Vision AI Goes Underwater
AI computer vision technology is expanding everywhere - even under the waves
AI computer vision technology has been automating imagery analysis in shoreside applications for years, identifying, categorizing and counting everything from cows to car parts. It is starting to make inroads in maritime for tasks like automatically spotting vessels and whales. Now computer vision is also standing watch underwater, thanks to a partnership between AI company Plainsight and tech startup MarineSitu.
MarineSitu is a spinoff of the University of Washington's Applied Physics Laboratory (APL-UW), a Navy-supported institute with decades of history in oceanography. The startup builds integrated sensor / video / sonar packages for monitoring marine life, particularly for renewable energy installations. To scale up and analyze a huge volume of underwater video footage, MarineSitu has partnered with Plainsight to add vision AI to its products. The Maritime Executive recently spoke with Logan Spears, Plainsight’s Co-Founder & CTO, and James Joslin, MarineSitu’s Founder & President. to learn more about recent advances in computer vision technology and potential applications under the sea.
TME: Can you tell us about MarineSitu?
James: Sure. MarineSitu came out of the University of Washington as a spinoff company, and we are trying to commercialize some of the research technologies that have been developed over the last decade at the university.

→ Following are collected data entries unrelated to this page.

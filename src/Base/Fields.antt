-- ===== src/Base/Fields.antt =====
-- Two and four consecutive bytes of an array, written and read.
use Prim.Native.Nat.{ℕ, ◌+◌, ◌≤◌, ◌<◌}
use mathlib.Core.Path.{◌≡◌, sym, ap, ◌∙◌}
use mathlib.Core.Logic.{◌⊎◌}
use mathlib.Core.List.{List}
use native.Mathlib.Omega.{arith}
use gcfflashero.Base.Lists.{length, get_or, set, length-set, get_or-set_self, get_or-set_ne}

abbrev pub write2 : List ℕ → ℕ → ℕ → ℕ → List ℕ
write2 mem p a b = set (set mem p a) (p + 1) b

abbrev pub write4 : List ℕ → ℕ → ℕ → ℕ → ℕ → ℕ → List ℕ
write4 mem p a b c d = set (set (set (set mem p a) (p + 1) b) (p + 2) c) (p + 3) d

-- The bytes of `mem'` at `p` and after, and those of `mem` elsewhere.
pub record Field2 (mem mem' : List ℕ) (p a b : ℕ) : Type 0 where
  pub size : length mem' ≡ length mem
  pub byte0 : get_or mem' p 0 ≡ a
  pub byte1 : get_or mem' (p + 1) 0 ≡ b
  pub rest : (i : ℕ) → (i < p) ⊎ (p + 2 ≤ i) → get_or mem' i 0 ≡ get_or mem i 0

pub record Field4 (mem mem' : List ℕ) (p a b c d : ℕ) : Type 0 where
  pub size : length mem' ≡ length mem
  pub byte0 : get_or mem' p 0 ≡ a
  pub byte1 : get_or mem' (p + 1) 0 ≡ b
  pub byte2 : get_or mem' (p + 2) 0 ≡ c
  pub byte3 : get_or mem' (p + 3) 0 ≡ d
  pub rest : (i : ℕ) → (i < p) ⊎ (p + 4 ≤ i) → get_or mem' i 0 ≡ get_or mem i 0

module _ (mem : List ℕ) (p a b : ℕ) where
  pub write2-Field2 : p + 2 ≤ length mem → Field2 mem (write2 mem p a b) p a b
  write2-Field2 room = record {
    size = length-set (set mem p a) (p + 1) b ∙ length-set mem p a;
    byte0 =
        get_or-set_ne (set mem p a) (p + 1) p b 0 (omega arith)
        ∙ get_or-set_self mem p a 0 (omega arith);
    byte1 = get_or-set_self (set mem p a) (p + 1) b 0 (omega (arith, length-set {0} mem p a));
    rest = λ i h.
        get_or-set_ne (set mem p a) (p + 1) i b 0 (omega arith)
        ∙ get_or-set_ne mem p i a 0 (omega arith);
  }

-- A four-byte write is a two-byte write, and then another.
pub write4-Field4 :
    (mem : List ℕ) (p a b c d : ℕ)
    → p + 4 ≤ length mem
    → Field4 mem (write4 mem p a b c d) p a b c d
write4-Field4 mem p a b c d room =
    let mid = write2 mem p a b in
    let low = write2-Field2 mem p a b (omega arith) in
    let high = write2-Field2 mid (p + 2) c d (omega (arith, low.size)) in
    let three : p + 2 + 1 ≡ p + 3 = omega arith in
    rw (← three) record {
      size = high.size ∙ low.size;
      byte0 = high.rest p (omega arith) ∙ low.byte0;
      byte1 = high.rest (p + 1) (omega arith) ∙ low.byte1;
      byte2 = high.byte0;
      byte3 = ap (λ k. get_or (write2 mid (p + 2) c d) k 0) (sym three) ∙ high.byte1;
      rest = λ i h. high.rest i (omega arith) ∙ low.rest i (omega arith);
    }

In particular, we work with technology for installing instruments underwater for continuous long term monitoring.
When you have cameras or sonars or other instruments underwater for long periods of time, the large amount of data you accrue can get in the way of doing good science, unless you can implement real-time data processing. And so that is where using these AI machine learning tools comes in, providing the ability to do continuous data processing so you're not building up what we call a "data mortgage." This reduces storage requirements within the unit and communications requirements if you are in an area that has limited bandwidth.
TME: What makes Plainsight's AI well-suited for this task?

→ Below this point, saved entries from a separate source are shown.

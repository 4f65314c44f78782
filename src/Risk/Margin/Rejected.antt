-- ===== src/Risk/Margin/Rejected.antt =====
-- A futures order that is accepted and then rejected as a whole.
use exchange_cpp.Base.{
  ℕ, Bool, true, false, ◌==◌, ==_iff, ==_refl, ◌≡◌, refl, sym, ap, ◌∙◌, arith, if◌then◌else◌,
  Option, none, some, Bool-cases, inl, inr,
}
use mathlib.Core.Option.{some-injective}
use exchange_cpp.Base.Dict.{Dict, lookup, insert, erase, lookup-insert, lookup-erase}
use exchange_cpp.Base.Int.{ℤ, pos, ◌+ℤ◌, ◌-ℤ◌, int_laws}
use exchange_cpp.Common.{
  OrderAction, ask, bid, CommandResultCode, CoreSymbolSpecification, OrderCommand, MatcherEventType,
}
use exchange_cpp.OrderBook.Events.{reject_event}
use exchange_cpp.Risk.Position.{
  SymbolPositionRecord, initialize, is_empty, pending_hold, pending_release,
}
use exchange_cpp.Risk.Users.{UserProfile}
use exchange_cpp.Risk.Users.Totals.{balance, amount_at-add_amount}
use exchange_cpp.Risk.Engine.{RiskEngine, can_place_margin_order, remove_position_record}
use exchange_cpp.Risk.Margin.{
  position_or_new, with_position, place_margin_order, settle_position, taker_event,
}

add_sub : (a b : ℤ) → (a +ℤ b) -ℤ b ≡ a
add_sub a b = omega int_laws

-- A release undoes the hold of the same size.
pending_release-pending_hold :
    (s : OrderAction) (size : ℤ) (r : SymbolPositionRecord)
    → pending_release s size (pending_hold s size r) ≡ r
unfolding pending_release pending_hold
pending_release-pending_hold ask size r =
    ap (λ x. record r { pending_sell_size = x }) (add_sub r.pending_sell_size size)
pending_release-pending_hold bid size r =
    ap (λ x. record r { pending_buy_size = x }) (add_sub r.pending_buy_size size)

-- Two profiles with the same balances and the same positions.
pub record SameFunds (p q : UserProfile) : Type 0 where
  pub same_balances : (c : ℕ) → balance c p ≡ balance c q
  pub same_positions : (k : ℕ) → lookup k p.positions ≡ lookup k q.positions

lookup-insert_thrice :
    {V : Type 0} (k s : ℕ) (a b c : V) (d : Dict V)
    → lookup k (insert s c (insert s b (insert s a d))) ≡ (if k == s then some c else lookup k d)
lookup-insert_thrice k s a b c d = ground (
  arith,
  lookup-insert k s c (insert s b (insert s a d)),
  lookup-insert k s b (insert s a d),
  lookup-insert k s a d,
)

restored :
    {V : Type 0} (k s : ℕ) (d : Dict V) (o : Option V)
    → lookup s d ≡ o
    → (if k == s then o else lookup k d) ≡ lookup k d
restored k s d o e = elim (Bool-cases (k == s)) [
  | inl here ↦ rw here (sym e ∙ ap (λ j. lookup j d) (sym ((==_iff k s).0 here)))
  | inr there ↦ rw there refl
]

erased :
    {V : Type 0} (k s : ℕ) (a b c : V) (d : Dict V)
    → lookup s d ≡ none
    → lookup k (erase s (insert s c (insert s b (insert s a d)))) ≡ lookup k d
erased k s a b c d e =
    lookup-erase k s (insert s c (insert s b (insert s a d)))
    ∙ ground (arith, lookup-insert_thrice k s a b c d)
    ∙ restored k s d none e

add_nothing : (x : ℤ) (b : Bool) → x +ℤ (if b then pos 0 else pos 0) ≡ x
add_nothing x true = omega int_laws
add_nothing x false = omega int_laws

-- The position that the user had, or a fresh one where there was none.
settled :
    (cmd : OrderCommand) (spec : CoreSymbolSpecification) (held : SymbolPositionRecord)
    (profile : UserProfile)
    → ((p : SymbolPositionRecord)
        → lookup spec.symbol_id profile.positions ≡ some p
        → is_empty p ≡ false)
    → let position = position_or_new cmd spec profile in
      SameFunds
        (settle_position spec.symbol_id position
          (with_position spec.symbol_id held (with_position spec.symbol_id position profile)))
        profile
unfolding position_or_new settle_position remove_position_record initialize is_empty
settled cmd spec held profile kept = go (lookup spec.symbol_id profile.positions) refl
  where
    go :
        (o : Option SymbolPositionRecord)
        → lookup spec.symbol_id profile.positions ≡ o
        → let position : SymbolPositionRecord = elim o [
          | some p ↦ p
          | none ↦ initialize cmd.uid spec.symbol_id spec.quote_currency
        ] in
          SameFunds
            (settle_position spec.symbol_id position
              (with_position spec.symbol_id held (with_position spec.symbol_id position profile)))
            profile
    go none e = record {
      same_balances = λ c.
          amount_at-add_amount c spec.quote_currency (pos 0) profile.accounts
          ∙ add_nothing (balance c profile) (c == spec.quote_currency);
      same_positions = λ k. erased k spec.symbol_id _ _ _ profile.positions e;
    }
    go (some p) e = rw (kept p e) (record {
      same_balances = λ c. refl;
      same_positions = λ k.
          lookup-insert_thrice k spec.symbol_id p held p profile.positions
          ∙ restored k spec.symbol_id profile.positions (some p) e;
    })

-- An accepted order leaves its hold on the position.
accepted :
    (cmd : OrderCommand) (spec : CoreSymbolSpecification) (profile : UserProfile) (e : RiskEngine)
    → (place_margin_order cmd profile spec e).0 ≡ CommandResultCode.valid_for_matching_engine
    → let position = position_or_new cmd spec profile in
      (place_margin_order cmd profile spec e).1
      ≡ with_position spec.symbol_id
          (pending_hold cmd.action cmd.size position)
          (with_position spec.symbol_id position profile)
unfolding place_margin_order
accepted cmd spec profile e =
    let position = position_or_new cmd spec profile in
    go (can_place_margin_order cmd (with_position spec.symbol_id position profile) spec position e)
  where
    go :
        (can : Bool)
        → let position = position_or_new cmd spec profile in
          let profile' = with_position spec.symbol_id position profile in
          let placed =
            with_position spec.symbol_id (pending_hold cmd.action cmd.size position) profile' in
          let r : CommandResultCode × UserProfile =
            if can then (CommandResultCode.valid_for_matching_engine, placed) else (
              CommandResultCode.risk_nsf,
              if is_empty position then remove_position_record position profile' else profile',
            ) in
          r.0 ≡ CommandResultCode.valid_for_matching_engine → r.1 ≡ placed
    go true valid = refl
    go false valid = cc

-- A futures order that is accepted and then rejected as a whole leaves every balance and every
-- position of its user as they were, if the user kept no empty position in the symbol.
pub place_margin_order_rejected :
    (cmd : OrderCommand) (spec : CoreSymbolSpecification) (profile : UserProfile) (e : RiskEngine)
    (held : SymbolPositionRecord)
    → ((p : SymbolPositionRecord)
        → lookup spec.symbol_id profile.positions ≡ some p
        → is_empty p ≡ false)
    → (place_margin_order cmd profile spec e).0 ≡ CommandResultCode.valid_for_matching_engine
    → lookup spec.symbol_id (place_margin_order cmd profile spec e).1.positions ≡ some held
    → SameFunds
        (taker_event MatcherEventType.reject cmd.action
          (reject_event cmd cmd.size)
          spec
          held
          (place_margin_order cmd profile spec e).1).1
        profile
unfolding taker_event reject_event
place_margin_order_rejected cmd spec profile e held kept valid found =
    let position = position_or_new cmd spec profile in
    let hold = pending_hold cmd.action cmd.size position in
    let after = accepted cmd spec profile e valid in
    let is_held : held ≡ hold = some-injective _ _ (
      sym found
      ∙ ap (λ p. lookup spec.symbol_id p.positions) after
      ∙ lookup-insert spec.symbol_id spec.symbol_id hold
          (insert spec.symbol_id position profile.positions)
      ∙ rw (==_refl spec.symbol_id) refl) in
    rw (after, is_held, pending_release-pending_hold cmd.action cmd.size position)
      (settled cmd spec hold profile kept)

Logan: One of the things we help provide is to accelerate the AI journey by automating some of that data life cycle. That includes the data collection, data processing and data labeling. Labeling in machine learning is basically telling the AI model what to care about and what specific things to look for, and then automatically training machine learning models. Once that's done, those models are available at the edge where they can be used in the offline scenarios that James was referring to.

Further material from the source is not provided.